# What needs to be done
Go through the entries below and report how many lines contain the string "nonzero". Nothing but the number is wanted.

# Materials provided
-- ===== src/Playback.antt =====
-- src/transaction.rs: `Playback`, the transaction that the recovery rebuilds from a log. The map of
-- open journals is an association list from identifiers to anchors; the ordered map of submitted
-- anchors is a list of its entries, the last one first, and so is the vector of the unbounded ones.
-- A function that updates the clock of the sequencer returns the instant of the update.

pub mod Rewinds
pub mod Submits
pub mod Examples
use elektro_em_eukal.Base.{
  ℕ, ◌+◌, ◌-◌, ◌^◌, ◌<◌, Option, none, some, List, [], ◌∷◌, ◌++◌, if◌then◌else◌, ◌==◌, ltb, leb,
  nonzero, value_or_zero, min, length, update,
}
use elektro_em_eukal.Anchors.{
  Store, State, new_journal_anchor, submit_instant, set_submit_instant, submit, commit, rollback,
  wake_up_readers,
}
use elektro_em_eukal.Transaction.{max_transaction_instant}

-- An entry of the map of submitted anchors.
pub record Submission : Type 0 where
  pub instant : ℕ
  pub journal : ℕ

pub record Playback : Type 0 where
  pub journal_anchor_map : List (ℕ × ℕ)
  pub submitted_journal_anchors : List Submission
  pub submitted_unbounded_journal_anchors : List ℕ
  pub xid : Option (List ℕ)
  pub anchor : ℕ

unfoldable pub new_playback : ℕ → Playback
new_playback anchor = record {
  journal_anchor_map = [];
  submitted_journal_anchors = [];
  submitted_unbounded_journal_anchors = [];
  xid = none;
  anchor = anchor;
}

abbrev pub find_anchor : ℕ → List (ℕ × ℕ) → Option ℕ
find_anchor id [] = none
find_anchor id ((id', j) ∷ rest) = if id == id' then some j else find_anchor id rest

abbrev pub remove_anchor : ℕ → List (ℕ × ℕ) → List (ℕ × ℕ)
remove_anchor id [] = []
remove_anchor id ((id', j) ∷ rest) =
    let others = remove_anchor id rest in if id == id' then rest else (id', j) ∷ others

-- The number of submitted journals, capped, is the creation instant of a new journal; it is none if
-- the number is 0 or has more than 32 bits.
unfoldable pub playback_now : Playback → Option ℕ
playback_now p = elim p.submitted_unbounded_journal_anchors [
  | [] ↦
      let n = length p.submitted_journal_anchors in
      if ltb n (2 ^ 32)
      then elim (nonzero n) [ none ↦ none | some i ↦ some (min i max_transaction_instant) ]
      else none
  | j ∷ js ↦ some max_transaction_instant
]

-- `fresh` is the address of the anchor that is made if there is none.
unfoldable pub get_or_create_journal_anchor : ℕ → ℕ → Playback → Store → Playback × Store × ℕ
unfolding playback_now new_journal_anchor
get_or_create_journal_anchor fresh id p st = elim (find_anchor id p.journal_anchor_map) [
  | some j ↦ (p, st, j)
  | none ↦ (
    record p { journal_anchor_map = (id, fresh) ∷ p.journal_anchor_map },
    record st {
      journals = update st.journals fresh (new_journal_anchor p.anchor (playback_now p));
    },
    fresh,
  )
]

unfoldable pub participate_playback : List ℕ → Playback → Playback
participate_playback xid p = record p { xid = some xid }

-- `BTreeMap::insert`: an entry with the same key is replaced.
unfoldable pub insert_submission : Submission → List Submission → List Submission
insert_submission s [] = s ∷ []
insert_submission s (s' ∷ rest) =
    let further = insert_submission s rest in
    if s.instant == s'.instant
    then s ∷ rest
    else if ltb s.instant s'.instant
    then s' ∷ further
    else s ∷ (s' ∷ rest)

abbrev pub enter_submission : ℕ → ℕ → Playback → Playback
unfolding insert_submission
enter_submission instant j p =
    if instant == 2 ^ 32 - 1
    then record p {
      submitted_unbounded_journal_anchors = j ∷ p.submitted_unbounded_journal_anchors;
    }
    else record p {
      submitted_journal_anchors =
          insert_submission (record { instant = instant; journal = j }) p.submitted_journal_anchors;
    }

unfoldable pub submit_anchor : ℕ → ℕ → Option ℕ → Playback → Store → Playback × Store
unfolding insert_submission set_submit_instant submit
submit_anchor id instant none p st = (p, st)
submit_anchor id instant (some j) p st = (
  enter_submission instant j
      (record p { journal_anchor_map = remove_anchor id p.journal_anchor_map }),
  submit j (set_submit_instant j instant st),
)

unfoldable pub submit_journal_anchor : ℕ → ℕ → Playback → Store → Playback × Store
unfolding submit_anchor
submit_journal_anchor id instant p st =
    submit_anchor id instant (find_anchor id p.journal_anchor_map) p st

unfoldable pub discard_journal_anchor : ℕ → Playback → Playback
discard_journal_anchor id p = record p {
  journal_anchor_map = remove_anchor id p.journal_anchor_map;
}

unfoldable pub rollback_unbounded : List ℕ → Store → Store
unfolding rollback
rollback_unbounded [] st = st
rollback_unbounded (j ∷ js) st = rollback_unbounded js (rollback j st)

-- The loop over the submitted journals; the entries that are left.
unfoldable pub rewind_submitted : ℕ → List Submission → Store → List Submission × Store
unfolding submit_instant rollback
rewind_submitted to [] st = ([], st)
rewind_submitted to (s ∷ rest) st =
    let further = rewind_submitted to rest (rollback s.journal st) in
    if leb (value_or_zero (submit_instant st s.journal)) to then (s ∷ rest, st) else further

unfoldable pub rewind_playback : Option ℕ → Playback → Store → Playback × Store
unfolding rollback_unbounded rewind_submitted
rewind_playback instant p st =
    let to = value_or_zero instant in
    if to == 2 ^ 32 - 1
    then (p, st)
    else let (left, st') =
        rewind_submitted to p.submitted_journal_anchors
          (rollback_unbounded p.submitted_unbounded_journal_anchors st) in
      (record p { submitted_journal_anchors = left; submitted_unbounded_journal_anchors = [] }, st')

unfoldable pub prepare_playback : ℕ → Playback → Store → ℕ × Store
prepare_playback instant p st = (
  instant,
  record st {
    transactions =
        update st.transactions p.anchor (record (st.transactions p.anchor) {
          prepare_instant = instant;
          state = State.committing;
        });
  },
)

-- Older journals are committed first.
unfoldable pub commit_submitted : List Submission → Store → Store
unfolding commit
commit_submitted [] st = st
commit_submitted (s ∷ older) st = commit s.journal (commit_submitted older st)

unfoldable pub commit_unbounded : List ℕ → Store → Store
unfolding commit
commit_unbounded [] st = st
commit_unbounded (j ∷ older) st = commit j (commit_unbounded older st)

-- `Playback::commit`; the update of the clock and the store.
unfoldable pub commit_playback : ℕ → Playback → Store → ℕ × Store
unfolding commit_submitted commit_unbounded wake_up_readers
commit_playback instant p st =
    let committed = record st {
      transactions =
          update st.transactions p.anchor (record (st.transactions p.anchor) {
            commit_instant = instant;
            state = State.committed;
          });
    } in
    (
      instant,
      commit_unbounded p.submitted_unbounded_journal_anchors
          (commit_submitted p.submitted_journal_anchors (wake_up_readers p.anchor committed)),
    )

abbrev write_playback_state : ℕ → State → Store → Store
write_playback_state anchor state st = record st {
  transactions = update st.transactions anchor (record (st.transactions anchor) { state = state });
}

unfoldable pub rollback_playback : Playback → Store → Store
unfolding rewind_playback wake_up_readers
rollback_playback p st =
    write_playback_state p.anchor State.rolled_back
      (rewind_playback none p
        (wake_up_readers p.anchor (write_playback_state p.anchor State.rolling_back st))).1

# Exercise response
2